• **Work required**
Look through the listing below and report how many lines contain "Store", as a bare number.

::::

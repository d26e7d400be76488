-- ===== src/Store/Usb/Merge.antt =====
-- The merged device list: every device once, and the global entry wins.
use webui_hub.Prelude.{
  String, ◌≡◌, refl, ap, ◌∙◌, true, false, ◌&&◌, ◌||◌, not, Option, some, List, [], ◌∷◌, ◌++◌, ◌==◌,
  map, if◌then◌else◌, elem, elem-append, arith, eq_iff, eq_refl, Bool-cases, inl, inr, All,
  All-append,
}
use mathlib.Core.List.{map-append}
use webui_hub.Json.{Json, Dict, str, get, put, get-put}
use webui_hub.Models.{Tenant}
use webui_hub.Store.Usb.{
  vidpid, Merged, is_new, add_device, add_devices, nothing_seen, effective_usb_vidpids_from,
  tenant_usb_vidpids,
}

abbrev pub vidpids : List (Dict Json) → List String
vidpids ds = map vidpid ds

-- No name stands twice.
abbrev pub IsDistinct : List String → Type 0
IsDistinct [] = Unit
IsDistinct (x ∷ xs) = (elem x xs ≡ false) × IsDistinct xs

IsDistinct-snoc :
    (xs : List String) (x : String) → IsDistinct xs → elem x xs ≡ false → IsDistinct (xs ++ x ∷ [])
unfolding elem
IsDistinct-snoc [] x h n = (refl, tt)
IsDistinct-snoc (y ∷ ys) x h n = (
  ground (arith, elem-append y ys (x ∷ []), h.0, eq_iff x y, eq_iff y x, n),
  IsDistinct-snoc ys x h.1 (ground (arith, n)),
)

vidpid-put_source :
    (source : String) (d : Dict Json) → vidpid (put "source" (str source) d) ≡ vidpid d
unfolding vidpid
vidpid-put_source source d = rw get-put

-- What the loops keep: `seen` holds the ids of the result, and none stands twice.
pub record IsMerged (m : Merged) : Type 0 where
  pub same : (x : String) → elem x m.seen ≡ elem x (vidpids m.result)
  pub distinct : IsDistinct (vidpids m.result)

IsMerged-add_device :
    (source : String) (m : Merged) (d : Dict Json) → IsMerged m → IsMerged (add_device source m d)
IsMerged-add_device source m d h = elim (Bool-cases (is_new m d)) [
  | inl e ↦ rw e (record {
    same = λ x.
        rw (map-append, vidpid-put_source, elem-append) (unfold elem in ground (arith, h.same x));
    distinct =
        rw (map-append, vidpid-put_source)
          (IsDistinct-snoc _ _ h.distinct (ground (arith, h.same (vidpid d), e)));
  })
  | inr e ↦ rw e h
]

IsMerged-add_devices :
    (source : String) (m : Merged) (ds : List (Dict Json))
    → IsMerged m
    → IsMerged (add_devices source m ds)
unfolding add_devices
IsMerged-add_devices source m [] h = h
IsMerged-add_devices source m (d ∷ ds) h =
    IsMerged-add_devices source (add_device source m d) ds (IsMerged-add_device source m d h)

IsMerged-nothing_seen : IsMerged nothing_seen
IsMerged-nothing_seen = record { same = λ x. refl; distinct = tt }

elem-add_device :
    (x source : String) (m : Merged) (d : Dict Json)
    → IsMerged m
    → elem x (vidpids (add_device source m d).result)
      ≡ (elem x (vidpids m.result) || (not (x == "") && (x == vidpid d)))
elem-add_device x source m d h = elim (Bool-cases (is_new m d)) [
  | inl e ↦ rw e (
      rw (map-append, vidpid-put_source, elem-append)
        (unfold elem in ground (arith, e, eq_iff x (vidpid d), eq_iff x "", eq_iff (vidpid d) "")))
  | inr e ↦
      rw e (
        ground
          (arith, e, h.same (vidpid d), eq_iff x (vidpid d), eq_iff x "", eq_iff (vidpid d) ""))
]

elem-add_devices :
    (x source : String) (m : Merged) (ds : List (Dict Json))
    → IsMerged m
    → elem x (vidpids (add_devices source m ds).result)
      ≡ (elem x (vidpids m.result) || (not (x == "") && elem x (vidpids ds)))
unfolding add_devices elem
elem-add_devices x source m [] h = ground arith
elem-add_devices x source m (d ∷ ds) h =
    elem-add_devices x source (add_device source m d) ds (IsMerged-add_device source m d h)
    ∙ rw (elem-add_device x source m d h) (ground arith)

module _ (global_devices : List (Dict Json)) (tenant : Option Tenant) where
  after_global : IsMerged (add_devices "global" nothing_seen global_devices)
  after_global = IsMerged-add_devices "global" nothing_seen global_devices IsMerged-nothing_seen

  -- The merged list names no device twice, and it names exactly the devices with an id that the
  -- platform or the tenant certified.
  pub effective_usb_vidpids_lem :
      IsDistinct (vidpids (effective_usb_vidpids_from global_devices tenant))
      × ((x : String)
          → elem x (vidpids (effective_usb_vidpids_from global_devices tenant)) ≡ (
              not (x == "")
              && (elem x (vidpids global_devices) || elem x (vidpids (tenant_usb_vidpids tenant)))))
  unfolding effective_usb_vidpids_from elem
  effective_usb_vidpids_lem = (
    (IsMerged-add_devices "tenant" _ (tenant_usb_vidpids tenant) after_global).distinct,
    λ x. rw (elem-add_devices x "tenant" _ (tenant_usb_vidpids tenant) after_global) (
        rw (elem-add_devices x "global" nothing_seen global_devices IsMerged-nothing_seen)
          (ground arith)),
  )

  -- The `source` of a device in the merged list: "global" where the platform certified it.
  abbrev pub IsSourced : Dict Json → Type 0
  IsSourced d =
      get "source" d
      ≡ some (str (if elem (vidpid d) (vidpids global_devices) then "global" else "tenant"))

  IsSourced-add :
      (source : String) (m : Merged) (d : Dict Json)
      → (is_new m d ≡ true
          → source ≡ (if elem (vidpid d) (vidpids global_devices) then "global" else "tenant"))
      → All IsSourced m.result
      → All IsSourced (add_device source m d).result
  IsSourced-add source m d named h = elim (Bool-cases (is_new m d)) [
    | inl e ↦ rw e (
        All-append IsSourced m.result _ h
          (rw (get-put, vidpid-put_source) (ap (λ s. some (str s)) (named e)), tt))
    | inr e ↦ rw e h
  ]

  IsSourced-global :
      (m : Merged) (ds : List (Dict Json))
      → ((x : String) → elem x (vidpids ds) ≡ true → elem x (vidpids global_devices) ≡ true)
      → All IsSourced m.result
      → All IsSourced (add_devices "global" m ds).result
  unfolding add_devices elem
  IsSourced-global m [] part h = h
  IsSourced-global m (d ∷ ds) part h =
      IsSourced-global (add_device "global" m d) ds (λ x e. part x (ground (arith, e)))
        (IsSourced-add "global" m d (λ _. rw (part (vidpid d) (rw eq_refl))) h)

  abbrev SeesGlobal : Merged → Type 0
  SeesGlobal m =
      (x : String)
      → (x == "") ≡ false
      → elem x (vidpids global_devices) ≡ true
      → elem x m.seen ≡ true

  SeesGlobal-add_device :
      (m : Merged) (d : Dict Json) → SeesGlobal m → SeesGlobal (add_device "tenant" m d)
  unfolding elem
  SeesGlobal-add_device m d h x filled e = elim (Bool-cases (is_new m d)) [
    | inl n ↦ rw n (ground (arith, h x filled e))
    | inr n ↦ rw n (h x filled e)
  ]

  IsSourced-tenant :
      (m : Merged) (ds : List (Dict Json))
      → SeesGlobal m
      → All IsSourced m.result
      → All IsSourced (add_devices "tenant" m ds).result
  unfolding add_devices
  IsSourced-tenant m [] sees h = h
  IsSourced-tenant m (d ∷ ds) sees h =
      IsSourced-tenant (add_device "tenant" m d) ds (SeesGlobal-add_device m d sees)
        (IsSourced-add "tenant" m d (λ n. ground (arith, n, sees (vidpid d))) h)

  -- Every device of the merged list is marked "global" where the platform certified its id, also if
  -- the tenant did too, and "tenant" elsewhere.
  pub effective_usb_vidpids-IsSourced :
      All IsSourced (effective_usb_vidpids_from global_devices tenant)
  unfolding effective_usb_vidpids_from
  effective_usb_vidpids-IsSourced =
      IsSourced-tenant (add_devices "global" nothing_seen global_devices)
        (tenant_usb_vidpids tenant)
        (λ x filled e.
          after_global.same x
          ∙ rw (elem-add_devices x "global" nothing_seen global_devices IsMerged-nothing_seen)
              (unfold elem in ground (arith, filled, e)))
        (IsSourced-global nothing_seen global_devices (λ x e. e) tt)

::::

• **Solution**
2